[Collected data entries]
=-=-=

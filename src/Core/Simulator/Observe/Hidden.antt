-- ===== src/Core/Simulator/Observe/Hidden.antt =====
-- What `Simulator::observe` of core/src/simulator.cpp keeps from an agent.
use sentinel_public.Prelude.{
  ℕ, ◌≡◌, refl, sym, ap, ◌∙◌, true, false, List, [], ◌∷◌, Option, none, some, Bool-cases,
  Option-cases, inl, inr, get_elem?,
}
use sentinel_public.Prelude.Int.{pos}
use sentinel_public.Prelude.Text.{Text, text_eq}
use sentinel_public.Prelude.Keyed.{find_key}
use sentinel_public.Protocol.Messages.{TaskStatus, TaskState}
use sentinel_public.Protocol.Actions.{TaskSpec, AllocationState, AllocationCommit}
use sentinel_public.Core.Simulator.State.{Vehicle, Task, Simulator, is_scripted, task_state}
use sentinel_public.Core.Simulator.Observe.{
  detected, reachable, seen_owner, projected, Shown, place_task, show_task, show_tasks,
  own_detections, observe_from,
}

-- Two tasks that may differ only in who has the task, which is not the agent, under which claim, and
-- how far the service is.
pub record IsAlike (self : Text) (t u : Task) : Type 0 where
  pub spec : t.spec ≡ u.spec
  pub released : t.released ≡ u.released
  pub status : t.status ≡ u.status
  pub owned : text_eq t.assigned_agent_id self ≡ text_eq u.assigned_agent_id self
  pub same : text_eq t.assigned_agent_id self ≡ true → t ≡ u

unfoldable pub AreAlike : Text → List Task → List Task → Type 0
AreAlike self [] [] = Unit {0}
AreAlike self (t ∷ ts) (u ∷ us) = IsAlike self t u × AreAlike self ts us
AreAlike self _ _ = ⊥

abbrev with_tasks : Simulator → List Task → Simulator
with_tasks s us = record s { tasks = us }

-- A task without its owner and its progress.
abbrev bare : TaskSpec → TaskStatus → TaskState
bare spec status = record {
  id = spec.id;
  kind = spec.kind;
  target = spec.target;
  required_capability = spec.required_capability;
  payload_required_grams = spec.payload_required_grams;
  deadline_tick = spec.deadline_tick;
  completion_radius_mm = spec.completion_radius_mm;
  assigned_agent_id = [];
  status = status;
  service_ticks = spec.service_ticks;
  service_energy_mj_per_tick = spec.service_energy_mj_per_tick;
  progress_ticks = 0;
  allocation_epoch = 0;
  allocation_version = 0;
  priority = spec.priority;
  allocation_score = pos 0;
  bundle_position = 0;
}

-- The view of a task that another agent has, or nobody.
abbrev seen : Simulator → Text → AllocationState → TaskSpec → TaskStatus → TaskState
seen s self view spec status =
    seen_owner s self (bare spec status) (find_key (λ o. o.task_id) view.owners spec.id)

module _ (s : Simulator) (self : Text) (view : AllocationState) where
  projected-own :
      (t : Task) → text_eq t.assigned_agent_id self ≡ true → projected s self view t ≡ task_state t
  unfolding projected
  projected-own t h = rw h refl

  projected-other :
      (t : Task)
      → is_scripted s.scenario.allocation_policy ≡ false
      → text_eq t.assigned_agent_id self ≡ false
      → projected s self view t ≡ seen s self view t.spec t.status
  unfolding projected task_state
  projected-other t free h = rw h (rw free refl)

-- The same simulator with other tasks.
module _ (s : Simulator) (others : List Task) (self : Text) where
  reachable-swapped :
      (peers : List Vehicle) → reachable s self peers ≡ reachable (with_tasks s others) self peers
  unfolding reachable detected
  reachable-swapped [] = refl
  reachable-swapped (peer ∷ peers) = rw (reachable-swapped peers) refl

module _ (s : Simulator) (others : List Task) (self : Text) (view : AllocationState)
    (free : is_scripted s.scenario.allocation_policy ≡ false) where
  abbrev swapped : Simulator
  swapped = with_tasks s others

  seen_owner-swapped :
      (shown : TaskState) (o : Option AllocationCommit)
      → seen_owner s self shown o ≡ seen_owner swapped self shown o
  unfolding seen_owner detected
  seen_owner-swapped shown none = refl
  seen_owner-swapped shown (some owner) = refl

  projected-swapped :
      (t u : Task) → IsAlike self t u → projected s self view t ≡ projected swapped self view u
  projected-swapped t u h = elim (Bool-cases (text_eq t.assigned_agent_id self)) [
    | inl own ↦
        projected-own s self view t own
        ∙ ap task_state (h.same own)
        ∙ sym (projected-own swapped self view u (sym h.owned ∙ own))
    | inr other ↦
        projected-other s self view t free other
        ∙ ap (λ x. seen s self view x t.status) h.spec
        ∙ ap (seen s self view u.spec) h.status
        ∙ seen_owner-swapped _ _
        ∙ sym (projected-other swapped self view u free (sym h.owned ∙ other))
  ]

  show_task-swapped :
      (t u : Task) (rest : Shown)
      → IsAlike self t u
      → show_task s self view t rest ≡ show_task swapped self view u rest
  unfolding show_task
  show_task-swapped t u rest h = elim (Bool-cases (text_eq t.assigned_agent_id self)) [
    | inl own ↦ rw own (rw (sym h.owned ∙ own) (rw (h.same own) refl))
    | inr other ↦
        ap (λ b. place_task b (projected s self view t) (task_state t) rest) other
        ∙ ap (λ x. place_task false x (task_state t) rest) (projected-swapped t u h)
        ∙ sym (
            ap (λ b. place_task b (projected swapped self view u) (task_state u) rest)
              (sym h.owned ∙ other))
  ]

  show_tasks-swapped :
      (ts us : List Task)
      → AreAlike self ts us
      → show_tasks s self view ts ≡ show_tasks swapped self view us
  unfolding show_tasks AreAlike
  show_tasks-swapped [] [] h = refl
  show_tasks-swapped [] (u ∷ us) h = elim h [ ]
  show_tasks-swapped (t ∷ ts) [] h = elim h [ ]
  show_tasks-swapped (t ∷ ts) (u ∷ us) h = rw (show_tasks-swapped ts us h.1) (
      rw (show_task-swapped t u (show_tasks swapped self view us) h.0)
        (rw h.0.released (rw h.0.status refl)))

-- Where tasks are allocated by the agents, what an agent is shown does not depend on which other agent
-- has a task, under which claim, or how far that agent is with it: from two states whose tasks differ in
-- nothing else, the agent receives one and the same envelope.
pub observe_from-hides :
    (s : Simulator) (others : List Task) (index : ℕ) (current : Vehicle)
    → is_scripted s.scenario.allocation_policy ≡ false
    → AreAlike current.spec.id s.tasks others
    → observe_from s index current ≡ observe_from (record s { tasks = others }) index current
unfolding observe_from own_detections
observe_from-hides s others index current free alike =
    let self = current.spec.id in
    let view = get_elem? s.allocation_views index in
    rw (reachable-swapped s others self s.vehicles) (elim (Option-cases view) [
      | inl absent ↦ rw absent refl
      | inr (v, there) ↦
          rw there (rw (show_tasks-swapped s others self v free s.tasks others alike) refl)
    ])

=-=-=

* Task details *
Copy the lines above exactly. Start with the line containing "abbrev with_tasks : Simulator", end with the line containing "reachable-swapped [] = refl", and include both.

* Response to the task *
abbrev with_tasks : Simulator → List Task → Simulator
with_tasks s us = record s { tasks = us }

-- A task without its owner and its progress.
abbrev bare : TaskSpec → TaskStatus → TaskState
bare spec status = record {
  id = spec.id;
  kind = spec.kind;
  target = spec.target;
  required_capability = spec.required_capability;
  payload_required_grams = spec.payload_required_grams;
  deadline_tick = spec.deadline_tick;
  completion_radius_mm = spec.completion_radius_mm;
  assigned_agent_id = [];
  status = status;
  service_ticks = spec.service_ticks;
  service_energy_mj_per_tick = spec.service_energy_mj_per_tick;
  progress_ticks = 0;
  allocation_epoch = 0;
  allocation_version = 0;
  priority = spec.priority;
  allocation_score = pos 0;
  bundle_position = 0;
}

-- The view of a task that another agent has, or nobody.
abbrev seen : Simulator → Text → AllocationState → TaskSpec → TaskStatus → TaskState
seen s self view spec status =
    seen_owner s self (bare spec status) (find_key (λ o. o.task_id) view.owners spec.id)

module _ (s : Simulator) (self : Text) (view : AllocationState) where
  projected-own :
      (t : Task) → text_eq t.assigned_agent_id self ≡ true → projected s self view t ≡ task_state t
  unfolding projected
  projected-own t h = rw h refl

  projected-other :
      (t : Task)
      → is_scripted s.scenario.allocation_policy ≡ false
      → text_eq t.assigned_agent_id self ≡ false
      → projected s self view t ≡ seen s self view t.spec t.status
  unfolding projected task_state
  projected-other t free h = rw h (rw free refl)

-- The same simulator with other tasks.
module _ (s : Simulator) (others : List Task) (self : Text) where
  reachable-swapped :
      (peers : List Vehicle) → reachable s self peers ≡ reachable (with_tasks s others) self peers
  unfolding reachable detected
  reachable-swapped [] = refl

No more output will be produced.